During Olduvai excavations in 2010-2011, anthropologist Charles Musiba of the University of Colorado Denver with colleagues unearthed the partial skeleton of a large adult individual who is represented by various teeth and skeletal parts.
“This is the first time we’ve found bones that suggest that this creature was more ruggedly built – combining terrestrial bipedal locomotion and some arboreal behaviors – than we’d previously thought. It seems to have more well-formed forearm muscles that were used for climbing, fine-manipulation and all sorts of behavior,” said Musiba, a co-author of the paper published in the journal PLoS ONE.
Tanya Luhrmann. Credit: University of Louisville • Kudos
Tanya Luhrmann is the winner of this year’s Grawemeyer Award in religion for her book, When God Talks Back: Understanding the American Evangelical Relationship with God.

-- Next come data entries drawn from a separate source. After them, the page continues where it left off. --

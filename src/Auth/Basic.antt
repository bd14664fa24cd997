-- ===== src/Auth/Basic.antt =====
-- The Basic scheme of HTAuth.c from the encoding that the client sends to the password file.
use cern_httpd.Base.{
  ℕ, zero, suc, ◌+◌, ◌*◌, ◌/◌, ◌≤◌, ◌<◌, ◌≡◌, ◌≢◌, refl, ap, ◌∙◌, Bool, true, false, ◌&&◌, Option,
  none, some, List, [], ◌∷◌, ◌++◌, length, length-append, arith, if◌then◌else◌, All, All-append,
  codes, take,
}
use cern_httpd.Str.{CStr, strchr}
use cern_httpd.Parse.Escape.{c_str}
use cern_httpd.Parse.Address.RoundTrip.{Lacks, chop_at-append, strchr-append}
use cern_httpd.Uu.{encode, decode}
use cern_httpd.Uu.RoundTrip.{IsOctet, decode-encode}
use cern_httpd.AaUtil.{basic}
use cern_httpd.HtList.{index_of}
use cern_httpd.Assoc.{answer, assoc_lookup}
use cern_httpd.Passwd.{passwd_filename}
use cern_httpd.Passwd.File.{Entry, IsEntry, file_of, verdict, check_password-file_of}
use cern_httpd.Auth.{
  AaUser, Protection, cleartext_of, split_user, decompose_basic, decompose_auth_string, is_missing,
  scheme_number, check_user, authenticate_by, authenticate_for, authenticate,
}

-- A byte of a text: not the terminator.
abbrev pub IsTextByte : ℕ → Type 0
IsTextByte c = (c ≢ 0) × (c < 256)

IsOctet-IsTextByte : (s : CStr) → All IsTextByte s → All IsOctet s
IsOctet-IsTextByte [] h = tt
IsOctet-IsTextByte (c ∷ s) h = (h.0.1, IsOctet-IsTextByte s h.1)

c_str-text : (s : CStr) → All IsTextByte s → c_str s ≡ s
unfolding c_str
c_str-text [] h = refl
c_str-text (zero ∷ s) h = absurd (h.0.0 refl)
c_str-text (suc c ∷ s) h = ap (λ t. suc c ∷ t) (c_str-text s h.1)

encode-length : (s : CStr) → (length s + 2) / 3 * 3 ≤ length (encode s 0 0)
unfolding encode
encode-length [] = omega arith
encode-length (a ∷ []) = omega arith
encode-length (a ∷ b ∷ []) = omega arith
encode-length (a ∷ b ∷ c ∷ s) = omega (arith, encode-length s)

cleartext_of-encode : (s : CStr) → All IsTextByte s → cleartext_of (encode s 0 0) ≡ s
unfolding cleartext_of
cleartext_of-encode s h =
    let size = suc (length (encode s 0 0)) in
    let (count, bytes) =
      decode-encode s size (IsOctet-IsTextByte s h) (omega (arith, encode-length s)) in
    ap (λ n. c_str (take n (decode (encode s 0 0) size).0)) count ∙ ap c_str bytes ∙ c_str-text s h

decompose-basic :
    (s : CStr) → 0 < length s → decompose_auth_string (some s) basic ≡ decompose_basic s
unfolding decompose_auth_string
decompose-basic [] h = absurd (omega arith)
decompose-basic (c ∷ s) h = refl

-- The user that a name and a password stand for.
abbrev pub basic_user : CStr → CStr → AaUser
basic_user username password = record {
  scheme = basic;
  username = username;
  password = password;
  inet_addr = none;
  timestamp = none;
  secret_key = none;
}

-- decompose_auth_string gets back the name and the password that a client has joined by a colon and
-- encoded by HTUU_encode, where the name has no colon; the password may have some.
pub decompose_auth_string-encode :
    (username password : CStr)
    → Lacks b':' username
    → All IsTextByte username
    → All IsTextByte password
    → decompose_auth_string (some (encode (username ++ (b':' ∷ password)) 0 0)) basic
      ≡ some (basic_user username password)
unfolding decompose_basic split_user
decompose_auth_string-encode username password colon hu hp =
    let text = username ++ (b':' ∷ password) in
    let whole =
      All-append IsTextByte username (b':' ∷ password) hu (((omega arith), omega arith), hp) in
    decompose-basic (encode text 0 0)
      (omega (arith, encode-length text, length-append username (b':' ∷ password)))
    ∙ ap (λ (t : CStr). split_user t (strchr t b':')) (cleartext_of-encode text whole)
    ∙ ap (split_user text) (strchr-append b':' username password colon)
    ∙ ap (λ (t : CStr). some (basic_user t password)) (chop_at-append b':' username password colon)

and_true :
    {A : Type 0} (b : Bool) (x y : A)
    → ◌≡◌ {A = Option A} (some (if b && true then x else y)) (some (if b then x else y))
and_true true x y = refl
and_true false x y = refl

-- HTAA_authenticate, given what a Basic client sends for a name and a password, where the protection
-- has Basic among its schemes and names a password file: it accepts, and HTUser is then this user,
-- exactly when the first record of the user in the file has no password or one that
-- HTAA_passwdMatch accepts; otherwise it refuses, and there is no HTUser.
pub authenticate-file_of :
    (crypt : CStr → CStr → CStr) (open_file : CStr → Option (List ℕ)) (prot : Protection)
    (filename : Option CStr) (ht_user : Option AaUser) (username password : CStr) (es : List Entry)
    → is_missing (index_of prot.valid_schemes (scheme_number basic)) ≡ false
    → assoc_lookup prot.values (codes "passw") ≡ answer filename
    → open_file (passwd_filename filename) ≡ some (file_of es)
    → All IsEntry es
    → Lacks b':' username
    → All IsTextByte username
    → All IsTextByte password
    → authenticate crypt open_file basic
        (some prot)
        (some (encode (username ++ (b':' ∷ password)) 0 0))
        ht_user
      ≡ some (
          if verdict crypt (some username) (some password) es
          then (true, some (basic_user username password))
          else (false, none))
unfolding authenticate authenticate_for authenticate_by check_user
authenticate-file_of crypt open_file prot filename ht_user username password es valid passw file he
      colon hu hp =
    rw
      (
        valid,
        passw,
        decompose_auth_string-encode username password colon hu hp,
        check_password-file_of crypt open_file (some username) (some password) filename es he file,
      )
      (and_true (verdict crypt (some username) (some password) es) _ _)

She explored a type of prayer in which God becomes active and present in one’s life. It’s both rooted in ancient Christian traditions, while also a product of the 1960s, a time of radical religious transformation in the U.S.
The Grawemeyer Awards are five annual prizes given in the fields of music, political science, psychology, education, and religion. H. Charles Grawemeyer, industrialist, entrepreneur, investor and philanthropist, created the Grawemeyer Awards at the University of Louisville in 1984. The endowment draws nominations from around the world.